WORK ITEM – Give back each line of the data exactly.

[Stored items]
----------

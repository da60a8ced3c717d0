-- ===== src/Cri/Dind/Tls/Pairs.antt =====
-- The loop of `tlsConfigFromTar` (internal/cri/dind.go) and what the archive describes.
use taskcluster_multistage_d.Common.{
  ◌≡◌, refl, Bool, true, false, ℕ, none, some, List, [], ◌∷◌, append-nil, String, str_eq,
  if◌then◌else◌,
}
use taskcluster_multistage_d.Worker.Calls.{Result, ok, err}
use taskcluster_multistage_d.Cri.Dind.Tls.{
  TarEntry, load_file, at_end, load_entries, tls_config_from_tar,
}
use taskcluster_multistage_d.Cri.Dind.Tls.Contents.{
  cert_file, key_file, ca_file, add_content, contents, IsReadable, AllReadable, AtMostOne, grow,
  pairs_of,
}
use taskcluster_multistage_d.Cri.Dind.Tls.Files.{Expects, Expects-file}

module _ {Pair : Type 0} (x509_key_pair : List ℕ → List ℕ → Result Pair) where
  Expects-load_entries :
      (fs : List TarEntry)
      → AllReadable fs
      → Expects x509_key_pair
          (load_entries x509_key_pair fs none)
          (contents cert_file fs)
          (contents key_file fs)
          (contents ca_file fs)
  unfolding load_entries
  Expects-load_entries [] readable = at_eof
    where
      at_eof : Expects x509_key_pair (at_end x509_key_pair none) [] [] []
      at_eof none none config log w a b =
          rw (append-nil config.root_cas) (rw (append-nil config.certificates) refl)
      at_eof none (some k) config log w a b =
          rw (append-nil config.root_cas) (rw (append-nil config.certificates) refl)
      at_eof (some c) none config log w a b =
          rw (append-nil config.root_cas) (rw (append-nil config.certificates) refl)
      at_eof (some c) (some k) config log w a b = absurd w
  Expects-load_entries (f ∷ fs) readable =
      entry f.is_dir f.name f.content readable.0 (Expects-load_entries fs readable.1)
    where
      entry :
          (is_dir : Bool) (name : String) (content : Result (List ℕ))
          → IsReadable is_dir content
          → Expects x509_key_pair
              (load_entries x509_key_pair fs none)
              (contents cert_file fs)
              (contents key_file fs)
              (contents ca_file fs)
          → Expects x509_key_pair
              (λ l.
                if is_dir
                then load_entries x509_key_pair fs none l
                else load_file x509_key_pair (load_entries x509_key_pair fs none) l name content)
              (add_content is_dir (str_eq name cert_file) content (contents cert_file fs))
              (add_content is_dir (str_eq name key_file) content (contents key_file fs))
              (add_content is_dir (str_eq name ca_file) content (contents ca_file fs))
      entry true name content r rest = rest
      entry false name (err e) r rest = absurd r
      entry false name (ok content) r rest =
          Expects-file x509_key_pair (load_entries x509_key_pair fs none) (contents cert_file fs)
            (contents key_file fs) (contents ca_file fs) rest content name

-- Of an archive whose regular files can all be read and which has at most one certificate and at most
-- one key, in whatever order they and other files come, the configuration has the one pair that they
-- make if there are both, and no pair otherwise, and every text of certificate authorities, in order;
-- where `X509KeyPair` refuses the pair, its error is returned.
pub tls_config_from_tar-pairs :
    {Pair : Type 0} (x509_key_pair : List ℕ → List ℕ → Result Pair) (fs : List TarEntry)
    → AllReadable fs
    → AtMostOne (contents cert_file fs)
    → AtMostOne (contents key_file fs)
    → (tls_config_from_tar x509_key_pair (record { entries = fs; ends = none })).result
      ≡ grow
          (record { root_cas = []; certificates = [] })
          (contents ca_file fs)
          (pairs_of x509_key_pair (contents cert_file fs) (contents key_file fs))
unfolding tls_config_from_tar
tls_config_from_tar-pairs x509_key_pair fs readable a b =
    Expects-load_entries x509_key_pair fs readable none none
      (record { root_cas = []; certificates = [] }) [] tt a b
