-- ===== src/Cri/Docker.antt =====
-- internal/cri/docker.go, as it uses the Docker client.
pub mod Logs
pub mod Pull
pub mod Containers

----------

WRITTEN REPLY –
repository da60a8ced3c717d0
-- ===== src/Cri/Dind/Tls/Pairs.antt =====
-- The loop of `tlsConfigFromTar` (internal/cri/dind.go) and what the archive describes.
use taskcluster_multistage_d.Common.{
  ◌≡◌, refl, Bool, true, false, ℕ, none, some, List, [], ◌∷◌, append-nil, String, str_eq,
  if◌then◌else◌,
}
use taskcluster_multistage_d.Worker.Calls.{Result, ok, err}
use taskcluster_multistage_d.Cri.Dind.Tls.{
  TarEntry, load_file, at_end, load_entries, tls_config_from_tar,
}
use taskcluster_multistage_d.Cri.Dind.Tls.Contents.{
  cert_file, key_file, ca_file, add_content, contents, IsReadable, AllReadable, AtMostOne, grow,
  pairs_of,
}
use taskcluster_multistage_d.Cri.Dind.Tls.Files.{Expects, Expects-file}

module _ {Pair : Type 0} (x509_key_pair : List ℕ → List ℕ → Result Pair) where
  Expects-load_entries :
      (fs : List TarEntry)
      → AllReadable fs
      → Expects x509_key_pair
          (load_entries x509_key_pair fs none)
          (contents cert_file fs)
          (contents key_file fs)
          (contents ca_file fs)
  unfolding load_entries
  Expects-load_entries [] readable = at_eof
    where
      at_eof : Expects x509_key_pair (at_end x509_key_pair none) [] [] []
      at_eof none none config log w a b =
          rw (append-nil config.root_cas) (rw (append-nil config.certificates) refl)
      at_eof none (some k) config log w a b =
          rw (append-nil config.root_cas) (rw (append-nil config.certificates) refl)
      at_eof (some c) none config log w a b =
          rw (append-nil config.root_cas) (rw (append-nil config.certificates) refl)
      at_eof (some c) (some k) config log w a b = absurd w
  Expects-load_entries (f ∷ fs) readable =
      entry f.is_dir f.name f.content readable.0 (Expects-load_entries fs readable.1)
    where
      entry :
          (is_dir : Bool) (name : String) (content : Result (List ℕ))
          → IsReadable is_dir content
          → Expects x509_key_pair
              (load_entries x509_key_pair fs none)
              (contents cert_file fs)
              (contents key_file fs)
              (contents ca_file fs)
          → Expects x509_key_pair
              (λ l.
                if is_dir
                then load_entries x509_key_pair fs none l
                else load_file x509_key_pair (load_entries x509_key_pair fs none) l name content)
              (add_content is_dir (str_eq name cert_file) content (contents cert_file fs))
              (add_content is_dir (str_eq name key_file) content (contents key_file fs))
              (add_content is_dir (str_eq name ca_file) content (contents ca_file fs))
      entry true name content r rest = rest
      entry false name (err e) r rest = absurd r
      entry false name (ok content) r rest =
          Expects-file x509_key_pair (load_entries x509_key_pair fs none) (contents cert_file fs)
            (contents key_file fs) (contents ca_file fs) rest content name

-- Of an archive whose regular files can all be read and which has at most one certificate and at most
-- one key, in whatever order they and other files come, the configuration has the one pair that they
-- make if there are both, and no pair otherwise, and every text of certificate authorities, in order;
-- where `X509KeyPair` refuses the pair, its error is returned.
pub tls_config_from_tar-pairs :
    {Pair : Type 0} (x509_key_pair : List ℕ → List ℕ → Result Pair) (fs : List TarEntry)
    → AllReadable fs
    → AtMostOne (contents cert_file fs)
    → AtMostOne (contents key_file fs)
    → (tls_config_from_tar x509_key_pair (record { entries = fs; ends = none })).result
      ≡ grow
          (record { root_cas = []; certificates = [] })
          (contents ca_file fs)
          (pairs_of x509_key_pair (contents cert_file fs) (contents key_file fs))
unfolding tls_config_from_tar
tls_config_from_tar-pairs x509_key_pair fs readable a b =
    Expects-load_entries x509_key_pair fs readable none none
      (record { root_cas = []; certificates = [] }) [] tt a b
-- ===== src/Cri/Docker.antt =====
-- internal/cri/docker.go, as it uses the Docker client.
pub mod Logs
pub mod Pull
pub mod Containers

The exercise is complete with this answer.